Writing isn’t brain surgery, but it’s rare when someone adept at the latter is also so accomplished at the former. Searching for meaning and purpose in his life, Kalanithi pursued a doctorate in literature and had felt certain that he wouldn’t enter the field of medicine, in which his father and other members of his family excelled. “But I couldn’t let go of the question,” he writes, after realizing that his goals “didn’t quite fit in an English department.” “Where did biology, morality, literature and philosophy intersect?” So he decided to set aside his doctoral dissertation and belatedly prepare for medical school, which “would allow me a chance to find answers that are not in books, to find a different sort of sublime, to forge relationships with the suffering, and to keep following the question of what makes human life meaningful, even in the face of death and decay.” The author’s empathy undoubtedly made him an exceptional doctor, and the precision of his prose—as well as the moral purpose underscoring it—suggests that he could have written a good book on any subject he chose.
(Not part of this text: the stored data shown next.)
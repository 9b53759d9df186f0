-- ===== src/Tracks/Examples.antt =====
-- Runs of the programs of Online_Tracks, and their theorems at concrete inputs.
use Prim.Native.String.{String}
use eng_project.Base.{
  ℕ, ◌≡◌, refl, true, false, List, [], ◌∷◌, ◌++◌, ℤ, pos, negsuc, inl, Option, some, arith,
}
use eng_project.OnlineAv.Net.{SockaddrIn}
use eng_project.Client.Capture.{frames_read, recovered}
use eng_project.Tracks.Stream.{CaptureRound, audio_cap}
use eng_project.Tracks.Stream.Traffic.{mail, plays, deliver}
use eng_project.Tracks.Start.{Streams, bound, ready, start1}
use eng_project.Tracks.Conn2
use eng_project.Tracks.Call.{other_end, sounds, captured-played, overrun-stops_peer}
use eng_project.Tracks.Waiting.{
  System, blocked, idle, test_fails, block, signal, test_holds, notify_all, capture_ends,
  playback_stops, playback_ends, join_capture, join_playback, init, Reach, start, later, here,
  after, closed,
}
use eng_project.Tracks.Waiting.Safety.{closed-last, error-hangs}

abbrev inet_pton : String → Option ℕ
inet_pton text = some 0xc0a80155

abbrev remote : SockaddrIn
remote = record { s_addr = 0xc0a80155; sin_port = 54321 }

started : start1 inet_pton (bound 3) ≡ ready 3 remote
unfolding start1
started = refl

-- A frame, then another.
abbrev speech : List CaptureRound
speech =
    record { reading = frames_read 1 (1 ∷ 2 ∷ 3 ∷ 4 ∷ []); sent = pos 4 }
    ∷ record { reading = frames_read 1 (5 ∷ 6 ∷ 7 ∷ 8 ∷ []); sent = pos 4 }
    ∷ []

abbrev overrun : CaptureRound
overrun = record { reading = recovered 0; sent = pos 0 }

abbrev results : ℕ → ℤ × ℤ
results i = (pos 1, pos 0)

captured-played_example :
    (plays
        (Conn2.play_audio true (negsuc 0) (
          deliver results 0
            (mail (other_end remote) (audio_cap true remote (negsuc 0) [] speech).events))).events
      ≡ sounds speech)
    × ((Conn2.play_audio true (negsuc 0) (
          deliver results 0 (
            mail
              (other_end remote)
              (audio_cap true remote (negsuc 0) [] speech).events))).stop_streaming
        ≡ false)
captured-played_example =
    captured-played (negsuc 0) (negsuc 0) [] results (λ i. inl refl) inet_pton 3 remote started
      speech (((omega arith), refl), (((omega arith), refl), tt))

overrun-stops_peer_example :
    (plays
        (Conn2.play_audio true (negsuc 0) (
          deliver results 0 (
            mail
              (other_end remote)
              (audio_cap true remote (negsuc 0) [] (speech ++ overrun ∷ speech)).events))).events
      ≡ sounds speech)
    × ((Conn2.play_audio true (negsuc 0) (
          deliver results 0 (
            mail
              (other_end remote)
              (audio_cap true remote
                (negsuc 0)
                []
                (speech ++ overrun ∷ speech)).events))).stop_streaming
        ≡ true)
overrun-stops_peer_example =
    overrun-stops_peer (negsuc 0) (negsuc 0) [] results (λ i. inl refl) inet_pton 3 remote started
      speech speech overrun (((omega arith), refl), (((omega arith), refl), tt)) refl refl

-- The variable for the capture socket holds 3, which is the socket.
abbrev streams : Streams
streams = record {
  local_sockfd_capture = pos 3;
  local_sockfd_playback = negsuc 0;
  capture_opened = true;
  buffer = [];
  capture_rounds = speech;
  playback_opened = false;
  playback_rounds = [];
}

-- `main` waits; the signal comes; the threads return; `main` joins them and closes the socket.
abbrev ended : System
ended = record {
  stop_streaming = true;
  main = closed;
  handler = idle;
  capture_runs = false;
  playback_runs = false;
}

ended-Reach : Reach ended
ended-Reach =
    later
      (later
        (later
          (later
            (later
              (later (later (later (later start (test_fails refl refl)) (block refl)) (signal refl))
                (notify_all refl))
              (test_holds refl refl))
            (capture_ends refl))
          (playback_ends refl))
        (join_capture refl refl))
      (join_playback refl refl)

closed-last_example :
    (ended.stop_streaming ≡ true) × (ended.capture_runs ≡ false) × (ended.playback_runs ≡ false)
closed-last_example = closed-last ended-Reach refl

abbrev waits : System
waits = record init { main = blocked }

-- Both threads have returned after an error in playback; `main` waits.
abbrev abandoned : System
abandoned = record waits { stop_streaming = true; capture_runs = false; playback_runs = false }

error-hangs_example : abandoned.main ≡ blocked
error-hangs_example =
    error-hangs {s = waits} {t = abandoned} refl
      (after (after (after here (playback_stops refl)) (playback_ends refl)) (capture_ends refl))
Part of what makes this book so essential is the fact that it was written under a death sentence following the diagnosis that upended his life, just as he was preparing to end his residency and attract offers at the top of his profession. Kalanithi learned he might have 10 years to live or perhaps five. Should he return to neurosurgery (he could and did), or should he write (he also did)? Should he and his wife have a baby? They did, eight months before he died, which was less than two years after the original diagnosis. “The fact of death is unsettling,” he understates. “Yet there is no other way to live.”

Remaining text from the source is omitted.